Data for this exercise ->
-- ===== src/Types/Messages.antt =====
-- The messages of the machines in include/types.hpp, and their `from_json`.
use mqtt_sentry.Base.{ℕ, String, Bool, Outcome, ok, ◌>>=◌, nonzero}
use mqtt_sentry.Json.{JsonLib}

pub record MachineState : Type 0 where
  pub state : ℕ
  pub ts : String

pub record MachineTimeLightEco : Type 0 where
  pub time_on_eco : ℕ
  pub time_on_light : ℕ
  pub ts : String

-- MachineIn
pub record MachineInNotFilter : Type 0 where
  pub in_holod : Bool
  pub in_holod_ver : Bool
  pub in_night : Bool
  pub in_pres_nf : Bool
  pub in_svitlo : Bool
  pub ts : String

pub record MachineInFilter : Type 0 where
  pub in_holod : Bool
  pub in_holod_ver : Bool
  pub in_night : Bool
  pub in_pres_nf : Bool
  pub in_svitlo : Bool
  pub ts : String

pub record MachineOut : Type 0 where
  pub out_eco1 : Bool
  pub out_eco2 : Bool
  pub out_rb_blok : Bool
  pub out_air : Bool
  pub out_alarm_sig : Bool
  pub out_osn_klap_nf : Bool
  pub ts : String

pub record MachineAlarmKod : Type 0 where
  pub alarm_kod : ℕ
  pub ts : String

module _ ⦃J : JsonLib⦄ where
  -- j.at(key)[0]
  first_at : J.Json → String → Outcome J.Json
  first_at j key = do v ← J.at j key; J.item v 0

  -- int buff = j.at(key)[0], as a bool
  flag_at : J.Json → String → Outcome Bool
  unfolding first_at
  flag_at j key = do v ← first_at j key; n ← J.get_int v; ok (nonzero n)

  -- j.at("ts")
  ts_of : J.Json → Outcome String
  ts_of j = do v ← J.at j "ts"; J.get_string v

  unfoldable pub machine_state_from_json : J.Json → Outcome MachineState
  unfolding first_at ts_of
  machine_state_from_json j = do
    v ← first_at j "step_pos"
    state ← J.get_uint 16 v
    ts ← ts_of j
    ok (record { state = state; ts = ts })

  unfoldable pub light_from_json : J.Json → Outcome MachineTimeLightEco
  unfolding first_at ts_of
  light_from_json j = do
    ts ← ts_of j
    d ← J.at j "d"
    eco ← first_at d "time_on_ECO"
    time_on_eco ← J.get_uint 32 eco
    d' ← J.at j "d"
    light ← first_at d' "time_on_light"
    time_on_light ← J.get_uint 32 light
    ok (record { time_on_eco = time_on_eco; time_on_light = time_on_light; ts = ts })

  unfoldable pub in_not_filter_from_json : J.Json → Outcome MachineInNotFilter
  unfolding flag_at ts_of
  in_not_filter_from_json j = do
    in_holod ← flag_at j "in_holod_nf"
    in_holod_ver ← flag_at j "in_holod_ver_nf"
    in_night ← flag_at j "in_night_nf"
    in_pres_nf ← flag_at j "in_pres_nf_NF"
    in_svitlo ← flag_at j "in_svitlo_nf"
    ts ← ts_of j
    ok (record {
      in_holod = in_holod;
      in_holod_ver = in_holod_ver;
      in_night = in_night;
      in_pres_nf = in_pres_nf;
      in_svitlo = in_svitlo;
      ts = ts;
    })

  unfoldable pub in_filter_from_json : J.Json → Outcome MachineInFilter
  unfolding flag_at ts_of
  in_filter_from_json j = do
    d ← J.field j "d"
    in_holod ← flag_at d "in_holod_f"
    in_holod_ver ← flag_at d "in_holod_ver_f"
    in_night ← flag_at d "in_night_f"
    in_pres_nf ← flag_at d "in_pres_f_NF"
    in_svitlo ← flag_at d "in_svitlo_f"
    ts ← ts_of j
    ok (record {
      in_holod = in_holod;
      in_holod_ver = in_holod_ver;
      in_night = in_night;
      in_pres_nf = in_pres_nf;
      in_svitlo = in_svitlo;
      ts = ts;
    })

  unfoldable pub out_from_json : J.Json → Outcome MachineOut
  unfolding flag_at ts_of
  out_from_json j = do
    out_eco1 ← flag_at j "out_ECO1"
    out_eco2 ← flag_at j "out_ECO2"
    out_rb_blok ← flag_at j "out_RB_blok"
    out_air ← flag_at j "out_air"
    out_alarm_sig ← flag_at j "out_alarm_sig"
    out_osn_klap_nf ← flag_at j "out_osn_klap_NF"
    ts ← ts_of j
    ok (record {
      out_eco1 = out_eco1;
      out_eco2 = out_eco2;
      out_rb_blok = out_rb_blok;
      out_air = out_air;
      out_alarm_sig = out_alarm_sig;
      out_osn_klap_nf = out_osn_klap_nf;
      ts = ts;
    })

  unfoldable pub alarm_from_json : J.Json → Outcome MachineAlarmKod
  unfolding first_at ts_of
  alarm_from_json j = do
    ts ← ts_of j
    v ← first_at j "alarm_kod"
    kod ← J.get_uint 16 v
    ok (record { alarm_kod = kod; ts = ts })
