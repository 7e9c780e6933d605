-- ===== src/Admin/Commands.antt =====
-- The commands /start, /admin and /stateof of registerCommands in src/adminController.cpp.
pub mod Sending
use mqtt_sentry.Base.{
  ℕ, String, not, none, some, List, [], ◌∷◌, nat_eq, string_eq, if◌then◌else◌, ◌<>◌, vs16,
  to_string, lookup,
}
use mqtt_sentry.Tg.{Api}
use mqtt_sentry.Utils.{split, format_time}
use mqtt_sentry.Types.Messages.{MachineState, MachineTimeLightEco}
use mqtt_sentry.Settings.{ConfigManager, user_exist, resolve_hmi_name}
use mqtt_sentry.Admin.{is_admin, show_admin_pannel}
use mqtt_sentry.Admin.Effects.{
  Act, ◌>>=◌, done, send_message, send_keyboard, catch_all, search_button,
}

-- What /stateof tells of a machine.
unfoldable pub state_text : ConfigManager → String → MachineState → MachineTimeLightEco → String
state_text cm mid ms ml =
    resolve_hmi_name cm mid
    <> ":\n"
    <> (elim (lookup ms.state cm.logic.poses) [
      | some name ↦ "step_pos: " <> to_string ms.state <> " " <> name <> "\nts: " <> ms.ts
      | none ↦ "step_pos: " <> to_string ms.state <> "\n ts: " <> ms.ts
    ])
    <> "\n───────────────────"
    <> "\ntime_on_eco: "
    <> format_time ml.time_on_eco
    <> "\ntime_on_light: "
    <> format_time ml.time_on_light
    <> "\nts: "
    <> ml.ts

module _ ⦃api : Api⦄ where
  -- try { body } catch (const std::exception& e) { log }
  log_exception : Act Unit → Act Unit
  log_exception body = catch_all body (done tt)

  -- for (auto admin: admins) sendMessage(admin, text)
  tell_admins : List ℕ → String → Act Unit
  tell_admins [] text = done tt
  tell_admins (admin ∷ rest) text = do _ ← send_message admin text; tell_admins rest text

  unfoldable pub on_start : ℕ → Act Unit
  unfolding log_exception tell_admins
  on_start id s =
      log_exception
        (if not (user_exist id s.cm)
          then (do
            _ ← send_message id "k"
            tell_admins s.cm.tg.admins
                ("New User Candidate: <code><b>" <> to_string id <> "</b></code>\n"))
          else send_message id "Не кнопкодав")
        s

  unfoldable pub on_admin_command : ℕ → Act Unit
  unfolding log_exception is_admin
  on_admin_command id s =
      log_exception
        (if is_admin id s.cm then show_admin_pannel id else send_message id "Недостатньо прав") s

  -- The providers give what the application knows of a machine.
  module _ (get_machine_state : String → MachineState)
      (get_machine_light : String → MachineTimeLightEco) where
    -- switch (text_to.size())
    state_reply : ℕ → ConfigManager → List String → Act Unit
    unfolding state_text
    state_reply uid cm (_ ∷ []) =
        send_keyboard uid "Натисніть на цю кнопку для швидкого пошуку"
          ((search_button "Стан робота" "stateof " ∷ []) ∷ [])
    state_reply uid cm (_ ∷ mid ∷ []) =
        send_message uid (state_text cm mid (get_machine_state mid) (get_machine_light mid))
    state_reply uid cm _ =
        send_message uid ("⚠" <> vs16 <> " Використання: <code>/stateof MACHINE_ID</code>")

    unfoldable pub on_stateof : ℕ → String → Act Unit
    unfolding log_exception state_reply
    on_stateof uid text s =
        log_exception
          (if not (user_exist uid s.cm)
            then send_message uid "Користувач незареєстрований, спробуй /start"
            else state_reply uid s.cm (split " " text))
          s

Exercise description ->
Search the data above for the string "else". Report every line where it is found.

Response to this exercise ->
  ℕ, String, not, none, some, List, [], ◌∷◌, nat_eq, string_eq, if◌then◌else◌, ◌<>◌, vs16,
          else send_message id "Не кнопкодав")
        (if is_admin id s.cm then show_admin_pannel id else send_message id "Недостатньо прав") s
            else state_reply uid s.cm (split " " text))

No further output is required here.